EXERCISE
The line containing "shown_origin node_id r = if" and every line after it, through the last line of the records, are to be transcribed exactly, and nothing else.

Saved entries
******
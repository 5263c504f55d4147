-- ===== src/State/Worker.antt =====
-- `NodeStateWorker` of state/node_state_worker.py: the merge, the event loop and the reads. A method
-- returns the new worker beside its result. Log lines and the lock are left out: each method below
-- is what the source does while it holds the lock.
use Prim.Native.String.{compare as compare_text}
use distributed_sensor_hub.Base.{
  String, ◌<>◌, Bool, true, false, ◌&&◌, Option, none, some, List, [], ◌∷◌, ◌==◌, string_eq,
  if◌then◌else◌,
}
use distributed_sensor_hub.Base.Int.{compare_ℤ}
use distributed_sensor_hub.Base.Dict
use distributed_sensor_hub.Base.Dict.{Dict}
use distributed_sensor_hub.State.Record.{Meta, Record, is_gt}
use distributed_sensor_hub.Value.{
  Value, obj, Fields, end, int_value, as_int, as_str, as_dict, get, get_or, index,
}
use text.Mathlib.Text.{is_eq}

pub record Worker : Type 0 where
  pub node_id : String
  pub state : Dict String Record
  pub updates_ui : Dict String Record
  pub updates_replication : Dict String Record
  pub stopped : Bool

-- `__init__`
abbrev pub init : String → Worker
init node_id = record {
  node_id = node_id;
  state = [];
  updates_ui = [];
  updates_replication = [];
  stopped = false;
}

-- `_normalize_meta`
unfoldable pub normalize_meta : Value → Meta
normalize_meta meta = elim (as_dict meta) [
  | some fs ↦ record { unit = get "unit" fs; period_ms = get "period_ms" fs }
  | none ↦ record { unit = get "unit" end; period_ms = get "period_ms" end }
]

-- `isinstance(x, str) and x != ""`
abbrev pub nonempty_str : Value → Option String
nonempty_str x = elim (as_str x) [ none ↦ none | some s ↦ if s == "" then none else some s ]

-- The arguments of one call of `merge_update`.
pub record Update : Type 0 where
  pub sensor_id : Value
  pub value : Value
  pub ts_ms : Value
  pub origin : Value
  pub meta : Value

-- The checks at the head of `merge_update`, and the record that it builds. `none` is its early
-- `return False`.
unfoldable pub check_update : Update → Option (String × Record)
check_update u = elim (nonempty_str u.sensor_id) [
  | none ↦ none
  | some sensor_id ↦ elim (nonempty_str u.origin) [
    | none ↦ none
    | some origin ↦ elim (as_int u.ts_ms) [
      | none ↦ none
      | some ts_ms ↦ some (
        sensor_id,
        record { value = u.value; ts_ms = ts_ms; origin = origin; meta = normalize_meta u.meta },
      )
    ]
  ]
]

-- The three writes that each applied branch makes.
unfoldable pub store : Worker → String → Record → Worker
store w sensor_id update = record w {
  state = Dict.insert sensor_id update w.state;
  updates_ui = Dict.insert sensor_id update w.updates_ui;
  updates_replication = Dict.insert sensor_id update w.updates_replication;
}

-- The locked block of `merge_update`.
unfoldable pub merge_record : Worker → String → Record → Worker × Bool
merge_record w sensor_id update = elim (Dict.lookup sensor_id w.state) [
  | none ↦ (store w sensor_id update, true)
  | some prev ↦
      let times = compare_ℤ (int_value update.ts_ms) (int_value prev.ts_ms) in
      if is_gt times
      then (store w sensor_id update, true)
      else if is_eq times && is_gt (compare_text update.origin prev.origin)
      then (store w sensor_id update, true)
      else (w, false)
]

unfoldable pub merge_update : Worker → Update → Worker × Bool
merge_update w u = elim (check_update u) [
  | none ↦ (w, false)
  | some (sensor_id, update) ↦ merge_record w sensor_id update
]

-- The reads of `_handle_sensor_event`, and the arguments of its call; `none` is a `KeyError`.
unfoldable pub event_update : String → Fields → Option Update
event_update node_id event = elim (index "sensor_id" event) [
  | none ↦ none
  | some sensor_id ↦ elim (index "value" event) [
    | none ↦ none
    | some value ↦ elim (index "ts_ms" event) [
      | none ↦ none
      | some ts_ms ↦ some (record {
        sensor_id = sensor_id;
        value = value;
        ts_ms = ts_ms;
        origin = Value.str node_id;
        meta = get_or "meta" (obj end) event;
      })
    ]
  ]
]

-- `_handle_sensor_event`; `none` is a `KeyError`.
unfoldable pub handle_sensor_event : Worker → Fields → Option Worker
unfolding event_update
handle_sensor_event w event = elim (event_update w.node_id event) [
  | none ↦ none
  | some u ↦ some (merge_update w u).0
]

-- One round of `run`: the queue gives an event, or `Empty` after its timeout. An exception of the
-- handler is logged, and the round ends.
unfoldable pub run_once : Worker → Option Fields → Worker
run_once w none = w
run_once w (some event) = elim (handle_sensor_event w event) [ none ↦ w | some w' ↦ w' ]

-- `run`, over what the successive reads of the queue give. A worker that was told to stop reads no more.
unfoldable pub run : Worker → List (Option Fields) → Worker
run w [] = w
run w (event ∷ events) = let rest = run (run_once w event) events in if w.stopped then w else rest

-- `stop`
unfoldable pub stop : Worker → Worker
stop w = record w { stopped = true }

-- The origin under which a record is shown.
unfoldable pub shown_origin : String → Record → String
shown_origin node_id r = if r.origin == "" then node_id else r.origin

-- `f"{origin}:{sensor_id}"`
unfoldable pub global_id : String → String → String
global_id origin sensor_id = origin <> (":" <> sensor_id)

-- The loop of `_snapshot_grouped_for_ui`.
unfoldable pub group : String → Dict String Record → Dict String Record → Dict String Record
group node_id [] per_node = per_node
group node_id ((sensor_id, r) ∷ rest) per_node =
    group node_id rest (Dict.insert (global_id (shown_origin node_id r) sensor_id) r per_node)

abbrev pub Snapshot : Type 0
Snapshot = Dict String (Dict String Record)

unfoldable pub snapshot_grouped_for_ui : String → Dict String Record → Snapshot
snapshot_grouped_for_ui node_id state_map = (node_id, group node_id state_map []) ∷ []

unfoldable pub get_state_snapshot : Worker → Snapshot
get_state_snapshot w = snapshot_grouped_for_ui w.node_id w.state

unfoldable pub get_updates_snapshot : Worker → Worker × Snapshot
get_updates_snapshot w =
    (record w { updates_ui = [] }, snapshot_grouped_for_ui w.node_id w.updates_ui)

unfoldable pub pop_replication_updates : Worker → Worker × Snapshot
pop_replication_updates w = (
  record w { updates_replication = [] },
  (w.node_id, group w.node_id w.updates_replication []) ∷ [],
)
******
ANSWER SECTION
shown_origin node_id r = if r.origin == "" then node_id else r.origin

-- `f"{origin}:{sensor_id}"`
unfoldable pub global_id : String → String → String
global_id origin sensor_id = origin <> (":" <> sensor_id)

-- The loop of `_snapshot_grouped_for_ui`.
unfoldable pub group : String → Dict String Record → Dict String Record → Dict String Record
group node_id [] per_node = per_node
group node_id ((sensor_id, r) ∷ rest) per_node =
    group node_id rest (Dict.insert (global_id (shown_origin node_id r) sensor_id) r per_node)

abbrev pub Snapshot : Type 0
Snapshot = Dict String (Dict String Record)

unfoldable pub snapshot_grouped_for_ui : String → Dict String Record → Snapshot
snapshot_grouped_for_ui node_id state_map = (node_id, group node_id state_map []) ∷ []

unfoldable pub get_state_snapshot : Worker → Snapshot
get_state_snapshot w = snapshot_grouped_for_ui w.node_id w.state

unfoldable pub get_updates_snapshot : Worker → Worker × Snapshot
get_updates_snapshot w =
    (record w { updates_ui = [] }, snapshot_grouped_for_ui w.node_id w.updates_ui)

unfoldable pub pop_replication_updates : Worker → Worker × Snapshot
pop_replication_updates w = (
  record w { updates_replication = [] },
  (w.node_id, group w.node_id w.updates_replication []) ∷ [],
)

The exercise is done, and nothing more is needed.